Bridging the gap between the micro- and the macro-world of tumors

TL;DR

This paper presents a computational simulation model that links microscopic cellular processes to macroscopic tumor behavior, aiming to predict large tumor dynamics from basic biological knowledge.

Contribution

It introduces a detailed yet understandable simulation framework that bridges cellular-level processes with tumor-scale modeling, addressing a key gap in cancer research.

Findings

Developed a simulation program based on biochemical and biophysical processes.

Provides a structured approach to connect microscopic and macroscopic tumor models.

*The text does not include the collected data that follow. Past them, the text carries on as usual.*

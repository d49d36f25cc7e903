-- ===== src/Examples.antt =====
-- Concrete tables and requests, on which the theorems are applied.
pub mod Canary
pub mod Variants
pub mod Services
pub mod Registry
pub mod Server
pub mod Cluster
pub mod Virtual
pub mod Http
pub mod Serving
use model_registry_service.Base.{
  ℕ, String, ◌≡◌, refl, Bool, true, false, Option, none, some, List, [], ◌∷◌, ℤ, pos, negsuc,
}
use model_registry_service.Domain.Result.{Result, ok, err, panic, message}
use model_registry_service.Domain.Traffic.{Uuid, TrafficVariant, TrafficConfig, VariantStatus}
use model_registry_service.Domain.Serving.{
  InferenceService, InferenceServiceState, ServingEnvironment, ServeModel,
}
use model_registry_service.Domain.Registry.{
  ModelVersion, RegisteredModel, ModelState, VersionStatus,
}
use model_registry_service.Store.World.{Oracle, World, Reply}

-- Everything answers, and the database accepts null texts.
abbrev pub obliging : Oracle
obliging = record {
  uuid = λ k. k;
  now = λ k. k;
  uuid_prefix = λ _. "0000abcd";
  uuid_text = λ _. "0000abcd-0000";
  database_fails = λ _. false;
  kserve_available = true;
  kserve_deploys = λ _. Reply.done (record { external_id = "ext-1"; url = "http://m" });
  kserve_undeploys = λ _. Reply.done tt;
  kserve_status = λ _. Reply.done (record { url = "http://m"; ready = true; error = "" });
  gateway_available = true;
  gateway_answers = λ _. Reply.done tt;
}

abbrev pub variant : Uuid → String → ℕ → VariantStatus → TrafficVariant
variant id name weight status = record {
  id = id;
  created_at = 0;
  updated_at = 0;
  traffic_config_id = 5;
  variant_name = name;
  model_version_id = 30;
  weight = weight;
  kserve_isvc_name = "m";
  kserve_revision = "r1";
  status = status;
}

abbrev pub config : TrafficConfig
config = record {
  id = 5;
  created_at = 0;
  updated_at = 0;
  project_id = 1;
  inference_service_id = 7;
  strategy = "canary";
  ai_gateway_route_name = "traffic-0000abcd";
  status = "active";
  variants = [];
}

abbrev pub environment : ServingEnvironment
environment = record {
  id = 3;
  created_at = 0;
  updated_at = 0;
  project_id = 1;
  name = "prod";
  description = "";
  external_id = "";
}

abbrev pub service : InferenceService
service = record {
  id = 7;
  created_at = 0;
  updated_at = 0;
  project_id = 1;
  name = "m";
  external_id = "ext-1";
  serving_environment_id = 3;
  registered_model_id = 20;
  desired_state = InferenceServiceState.deployed;
  current_state = InferenceServiceState.deployed;
  runtime = "kserve";
  url = "http://m";
  last_error = "";
}

abbrev pub version : ModelVersion
version = record {
  id = 30;
  created_at = 0;
  updated_at = 0;
  registered_model_id = 20;
  name = "v1";
  description = "";
  is_default = true;
  state = ModelState.live;
  status = VersionStatus.ready;
  artifact_type = "model-artifact";
  model_framework = "sklearn";
  model_framework_version = "1.0";
  container_image = "";
  model_catalog_name = "";
  uri = "s3://m";
}

abbrev pub model : RegisteredModel
model = record {
  id = 20;
  created_at = 0;
  updated_at = 0;
  project_id = 1;
  name = "m";
  slug = "m";
  description = "";
  model_type = "CUSTOMTRAIN";
  model_size = pos 0;
  state = ModelState.live;
  deployment_status = "UNDEPLOYED";
  version_count = 0;
  latest_version = none;
  default_version = none;
  parent_model_id = none;
}

abbrev pub world : List TrafficVariant → World
world variants = record {
  configs = config ∷ [];
  variants = variants;
  environments = environment ∷ [];
  services = service ∷ [];
  serve_models = [];
  versions = version ∷ [];
  models = model ∷ [];
  calls = [];
  ticks = 100;
}

abbrev pub with_canary : World
with_canary =
    world (
      variant 10 "stable" 90 VariantStatus.active
      ∷ variant 11 "canary" 10 VariantStatus.active
      ∷ [])

abbrev pub value_of {ℓ} : {A : Type ℓ} → A → Result A → A
value_of a (ok b) = b
value_of a _ = a
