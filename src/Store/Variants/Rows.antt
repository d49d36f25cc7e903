-- ===== src/Store/Variants/Rows.antt =====
-- The rows that the queries on the table traffic_variant find.
use model_registry_service.Base.{
  String, ◌≡◌, ◌≢◌, ◌⊎◌, inl, inr, true, false, some, List, [], ◌∷◌, ◌==◌, str_eq_iff, keep, arith,
}
use model_registry_service.Domain.Traffic.{Uuid, TrafficVariant}
use model_registry_service.Store.Variants.{
  row_by_id, has_id, clashes, insert_by_created, order_by_created, rows_of,
}

-- The variant is a row of the table.
abbrev pub Has : TrafficVariant → List TrafficVariant → Type 0
Has v [] = ⊥
Has v (r ∷ rows) = (r ≡ v) ⊎ Has v rows

-- The primary key.
abbrev pub HasUniqueIds : List TrafficVariant → Type 0
HasUniqueIds [] = Unit
HasUniqueIds (r ∷ rows) = (has_id r.id rows ≡ false) × HasUniqueIds rows

Has-insert_by_created :
    (v x : TrafficVariant) (xs : List TrafficVariant)
    → Has v (insert_by_created x xs)
    → (x ≡ v) ⊎ Has v xs
unfolding insert_by_created
Has-insert_by_created v x [] h = h
Has-insert_by_created v x (y ∷ ys) h = ground (arith, Has-insert_by_created v x ys)

Has-order_by_created :
    (v : TrafficVariant) (xs : List TrafficVariant) → Has v (order_by_created xs) → Has v xs
unfolding order_by_created
Has-order_by_created v [] h = h
Has-order_by_created v (x ∷ xs) h = elim (Has-insert_by_created v x (order_by_created xs) h) [
  | inl e ↦ inl e
  | inr t ↦ inr (Has-order_by_created v xs t)
]

Has-keep :
    (v : TrafficVariant) (id : Uuid) (xs : List TrafficVariant)
    → Has v (keep (λ r. r.traffic_config_id == id) xs)
    → Has v xs × (v.traffic_config_id ≡ id)
Has-keep v id [] h = absurd h
Has-keep v id (x ∷ xs) h = ground (arith, Has-keep v id xs)

-- What a query by configuration returns is in the table and belongs to the configuration.
pub Has-rows_of :
    (v : TrafficVariant) (id : Uuid) (rows : List TrafficVariant)
    → Has v (rows_of id rows)
    → Has v rows × (v.traffic_config_id ≡ id)
unfolding rows_of
Has-rows_of v id rows h = Has-keep v id rows (Has-order_by_created v _ h)

has_id-Has :
    (v : TrafficVariant) (rows : List TrafficVariant) → Has v rows → has_id v.id rows ≡ true
unfolding row_by_id
has_id-Has v [] h = absurd h
has_id-Has v (r ∷ rows) h = elim h [
  | inl e ↦ rw e (ground arith)
  | inr t ↦ ground (arith, has_id-Has v rows t)
]

-- With unique identifiers a row is found under its own.
pub row_by_id-Has :
    (v : TrafficVariant) (rows : List TrafficVariant)
    → HasUniqueIds rows
    → Has v rows
    → row_by_id v.id rows ≡ some v
unfolding row_by_id
row_by_id-Has v [] u h = absurd h
row_by_id-Has v (r ∷ rows) u h = elim h [
  | inl e ↦ ground arith
  | inr t ↦ ground (arith, has_id-Has v rows t, row_by_id-Has v rows u.1 t)
]

-- A row of the configuration and name under another identifier is a clash.
pub clashes-Has :
    (v : TrafficVariant) (self id : Uuid) (name : String) (rows : List TrafficVariant)
    → Has v rows
    → v.id ≢ self
    → v.traffic_config_id ≡ id
    → v.variant_name ≡ name
    → clashes self id name rows ≡ true
unfolding clashes
clashes-Has v self id name [] h ne c n = absurd h
clashes-Has v self id name (r ∷ rows) h ne c n = elim h [
  | inl e ↦ ground (arith, str_eq_iff r.variant_name name)
  | inr t ↦ ground (arith, clashes-Has v self id name rows t ne c n)
]

-- Rows of different names have different identifiers.
pub ids_differ :
    (rows : List TrafficVariant) (a b : TrafficVariant)
    → HasUniqueIds rows
    → Has a rows
    → Has b rows
    → a.variant_name ≢ b.variant_name
    → a.id ≢ b.id
ids_differ rows a b u ha hb ne e = ne (cc (row_by_id-Has a rows u ha, row_by_id-Has b rows u hb))
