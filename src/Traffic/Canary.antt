-- ===== src/Traffic/Canary.antt =====
-- StartCanary, UpdateCanaryWeight, PromoteCanary and Rollback of traffic.go.
pub mod Silent
pub mod Promotion
pub mod Weights
pub mod Success
use model_registry_service.Base.{
  ℕ, String, Bool, true, false, not, ◌&&◌, ◌||◌, Option, none, some, List, [], ◌∷◌, if◌then◌else◌,
  str_eq, ◌<>◌, ℤ, pos, ltb_ℤ, ◌-ℤ◌,
}
use model_registry_service.Domain.Result.{
  canary_already_exists, invalid_traffic_weight, traffic_variant_not_found, cannot_promote_inactive,
}
use model_registry_service.Domain.Traffic.{
  Uuid, TrafficVariant, TrafficConfig, is_active, out_of_range, new_traffic_variant, set_weight,
  activate, deactivate,
}
use model_registry_service.Domain.Serving.{InferenceService, ServingEnvironment}
use model_registry_service.Domain.Registry.{ModelVersion}
use model_registry_service.Store.World.{
  Oracle, World, M, KserveDeployment, pure, lift, raise, deref, or_raise, raise_if, ◌>>=◌, ◌>>◌,
  attempt, ignore, wrapping, new_uuid, time_now,
}
use model_registry_service.Store.Variants.{variant_create, variant_update}
use model_registry_service.Store.Serving.{env_get_by_id, isvc_get_by_id, version_get_by_id}
use model_registry_service.Traffic.Route.{
  namespace_of, get_config, variant_service, kserve_deploy, undeploy_variant, sync_ai_gateway_route,
}

pub record StartCanaryRequest : Type 0 where
  pub project_id : Uuid
  pub config_id : Uuid
  pub model_version_id : Uuid
  pub initial_weight : ℤ

-- The loop that looks for a canary that is active.
unfoldable pub has_active_canary : List TrafficVariant → Bool
has_active_canary [] = false
has_active_canary (v ∷ vs) =
    (str_eq v.variant_name "canary" && is_active v.status) || has_active_canary vs

-- The initial weight: 10 unless it is positive, and 50 at most.
unfoldable pub initial_weight : ℤ → ℤ
initial_weight w =
    let weight = if ltb_ℤ (pos 0) w then w else pos 10 in
    if ltb_ℤ (pos 50) weight then pos 50 else weight

-- The loop that leaves the last variant of a name in a variable, nil if there is none.
unfoldable pub last_named :
    String → Option TrafficVariant → List TrafficVariant → Option TrafficVariant
last_named name found [] = found
last_named name found (v ∷ vs) =
    last_named name (if str_eq v.variant_name name then some v else found) vs

-- The first variant of that name in the loop that breaks.
unfoldable pub first_named : String → List TrafficVariant → Option TrafficVariant
first_named name [] = none
first_named name (v ∷ vs) = if str_eq v.variant_name name then some v else first_named name vs

module _ (E : Oracle) where
  -- The deployment of a variant's service, if there is a client.
  run_deployment :
      String
      → Uuid
      → InferenceService
      → Option ServingEnvironment
      → String
      → ModelVersion
      → M (Unit {0})
  run_deployment text project_id isvc found name version = do
    service ← variant_service E project_id isvc name
    env ← deref found
    deployed ← wrapping text (kserve_deploy E (namespace_of env) service version)
    pure tt

  unfoldable pub deploy_variant :
      String
      → Uuid
      → InferenceService
      → Option ServingEnvironment
      → String
      → ModelVersion
      → M (Unit {0})
  unfolding run_deployment
  deploy_variant text project_id isvc found name version =
      if E.kserve_available then run_deployment text project_id isvc found name version else pure tt

  -- Updates the weight of the stable variant, if there is one; the error is dropped.
  rebalance_stable : ℤ → Option TrafficVariant → M (Unit {0})
  rebalance_stable weight none = pure tt
  rebalance_stable weight (some v) = do
    now ← time_now E
    ignore (variant_update E (set_weight now (pos 100 -ℤ weight) v).0)

  -- StartCanary
  unfoldable pub start_canary : StartCanaryRequest → M TrafficConfig
  unfolding rebalance_stable
  start_canary req = do
    config ← get_config E req.project_id req.config_id
    raise_if (has_active_canary config.variants) canary_already_exists
    version ← version_get_by_id E req.project_id req.model_version_id
    isvc ← isvc_get_by_id E req.project_id config.inference_service_id
    let weight = initial_weight req.initial_weight
    let name = isvc.name <> "-canary"
    found ← attempt (env_get_by_id E req.project_id isvc.serving_environment_id)
    deploy_variant "deploy canary" req.project_id isvc found name version
    id ← new_uuid E
    created ← time_now E
    canary ← lift (new_traffic_variant id created config.id req.model_version_id "canary" weight)
    activated ← time_now E
    variant_create E (activate activated (record canary { kserve_isvc_name = name }))
    rebalance_stable weight (first_named "stable" config.variants)
    ignore (sync_ai_gateway_route E config)
    get_config E req.project_id req.config_id

  -- UpdateCanaryWeight
  unfoldable pub update_canary_weight : Uuid → Uuid → ℤ → M TrafficConfig
  update_canary_weight project_id config_id weight = do
    raise_if (out_of_range weight) invalid_traffic_weight
    config ← get_config E project_id config_id
    canary ← or_raise traffic_variant_not_found (last_named "canary" none config.variants)
    now ← time_now E
    stable ← deref (last_named "stable" none config.variants)
    variant_update E (set_weight now weight canary).0
    variant_update E (set_weight now (pos 100 -ℤ weight) stable).0
    ignore (sync_ai_gateway_route E config)
    get_config E project_id config_id

  -- PromoteCanary
  unfoldable pub promote_canary : Uuid → Uuid → M TrafficConfig
  promote_canary project_id config_id = do
    config ← get_config E project_id config_id
    canary ← or_raise cannot_promote_inactive (last_named "canary" none config.variants)
    raise_if (not (is_active canary.status)) cannot_promote_inactive
    now ← time_now E
    stable ← deref (last_named "stable" none config.variants)
    variant_update E (record (set_weight now (pos 100) canary).0 { variant_name = "stable" })
    variant_update E (deactivate now (record stable { variant_name = "old-stable" }))
    ignore (sync_ai_gateway_route E config)
    get_config E project_id config_id

  roll_back_canary : Uuid → TrafficConfig → Option TrafficVariant → M (Unit {0})
  roll_back_canary project_id config none = pure tt
  roll_back_canary project_id config (some canary) = do
    now ← time_now E
    ignore (variant_update E (deactivate now canary))
    undeploy_variant E project_id config canary

  restore_stable : Option TrafficVariant → M (Unit {0})
  restore_stable none = pure tt
  restore_stable (some stable) = do
    now ← time_now E
    ignore (variant_update E (set_weight now (pos 100) stable).0)

  -- Rollback
  unfoldable pub rollback : Uuid → Uuid → M TrafficConfig
  unfolding roll_back_canary restore_stable
  rollback project_id config_id = do
    config ← get_config E project_id config_id
    roll_back_canary project_id config (last_named "canary" none config.variants)
    restore_stable (last_named "stable" none config.variants)
    ignore (sync_ai_gateway_route E config)
    get_config E project_id config_id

Facilitates prediction of tumor behavior from cellular-level data.

Abstract

At present it is still quite difficult to match the vast knowledge on the behavior of individual tumor cells with macroscopic measurements on clinical tumors. On the modeling side, we already know how to deal with many molecular pathways and cellular events, using systems of differential equations and other modeling tools, and ideally, we should be able to extend such a mathematical description up to the level of large tumor masses. An extended model should thus help us forecast the behavior of large tumors from our basic knowledge of microscopic processes. Unfortunately, the complexity of these processes makes it very difficult -- probably impossible -- to develop comprehensive analytical models. We try to bridge the gap with a simulation program which is based on basic biochemical and biophysical processes -- thereby building an effective computational model -- and in this paper we describe its structure, endeavoring to make the description sufficiently detailed and yet understandable.